The last landform to be considered is called a "pingo". Here is an example:
The mode of formation of pingos requires the action of water from beneath the permafrost layers. The process is summarized in this direct quotation from the Wikipedia site for that name:
"Hydrostatic-system pingos form as a result of hydrostatic pressure on water from permafrost, and commonly form in drained lakes or river channels. Permafrost rises to the drained body's former floor. Pore water is expelled in front of the rising permafrost, and the resulting pressure causes the frozen ground to rise and an ice core to form. The shape and size of a hydrostatic or closed system pingo is often similar to the body of water that it originated from. They can vary from symmetrical conical domes to asymmetric, elongate hills. Hydraulic-system pingos result from water flowing from an outside source, subpermafrost or intrapermafrost aquifers. Hydrostatic pressure initializes the formation of the ice core as water is pushed up and subsequently freezes. Open-system pingos have no limitations to the amount of water available unless the aquifers freeze."
Pingos and kettle lakes are present in this satellite image of permafrost terrain in Siberia.

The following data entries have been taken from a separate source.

-- ===== src/Delivery.antt =====
-- backend/src/realtime/idle.rs: what the in-app filters do to one new message, rule by rule and action
-- by action. An operation on the mail server or the SMTP server is an entry of a log, newest first; the
-- cached copies that follow a success are left out. Whether an operation succeeds, after those before
-- it, is a parameter.
pub mod Once
pub mod Skipped
mod Tests
use rav.Common.{
  String, Bool, true, false, ◌&&◌, Option, none, some, List, [], ◌∷◌, if◌then◌else◌, str_eq, Text,
  codes,
}
use rav.Filters.{FilterAction, FilterRule}
use rav.Sieve.Rules.{is_sieve_capable}

pub data Operation : Type 0 where
  add_flags : Text → Operation
  move_message : Text → Operation
  add_tag : Text → Operation
  send_message : Text → Operation

abbrev pub Log : Type 0
Log = List Operation

-- The configuration that the loop reads, and the outcome of an operation after those of a log.
pub record Session : Type 0 where
  pub sieve_active : Bool
  pub smtp_configured : Bool
  pub succeeds : Log → Operation → Bool

-- What a loop does after a turn: nothing once the message is removed.
abbrev pub unless_removed : (Log → Bool × Log) → Bool × Log → Bool × Log
unless_removed next (true, after) = (true, after)
unless_removed next (false, after) = next after

module _ (s : Session) where
  -- A move: the message is out of INBOX if it succeeds.
  abbrev pub moved_to : Text → Log → Bool × Log
  moved_to target log = (s.succeeds log (move_message target), move_message target ∷ log)

  abbrev pub given_value : (Text → Log → Bool × Log) → Option Text → Log → Bool × Log
  given_value f none log = (false, log)
  given_value f (some value) log = f value log

  -- One turn of the loop over the actions: whether the message was removed, and the log after it.
  unfoldable pub run_action : FilterAction → Log → Bool × Log
  run_action action log =
      if str_eq action.action_type "mark_read"
      then (false, add_flags (codes "\\Seen") ∷ log)
      else if str_eq action.action_type "mark_starred"
      then (false, add_flags (codes "\\Flagged") ∷ log)
      else if str_eq action.action_type "move"
      then given_value moved_to action.action_value log
      else if str_eq action.action_type "delete"
      then moved_to (codes "Trash") log
      else if str_eq action.action_type "tag"
      then given_value (λ tag l. (false, add_tag tag ∷ l)) action.action_value log
      else if str_eq action.action_type "forward"
      then given_value (λ to l. (false, if s.smtp_configured then send_message to ∷ l else l))
          action.action_value log
      else (false, log)

  -- The loop over the actions; a removal is the jump to the next message.
  unfoldable pub run_actions : List FilterAction → Log → Bool × Log
  run_actions [] log = (false, log)
  run_actions (action ∷ actions) log = unless_removed (run_actions actions) (run_action action log)

  -- The loop over the matched rules.
  unfoldable pub run_rules : List FilterRule → Log → Bool × Log
  run_rules [] log = (false, log)
  run_rules (rule ∷ rules) log =
      if s.sieve_active && is_sieve_capable rule
      then run_rules rules log
      else unless_removed
          (λ after. if rule.stop_processing then (false, after) else run_rules rules after)
          (run_actions rule.actions log)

This ends our tour of highlighted, thematic images from "Geomorphology from Space." You can see more, with detailed captions, on the Internet Site mentioned above or in the CD-ROM prepared by JPL. If you study the book, the Web Site, or the CD-ROM, please look at Chapter 11 that presents an effort by Dr. Robert S. Hayden to demonstrate the value of Landsat imagery in geomorphic mapping. Although he was not the first to produce this type of map solely from space imagery (C.F. Pain's 1985 map of an area in New South Wales, Australia is one early example), he has put together excellent examples of this capability.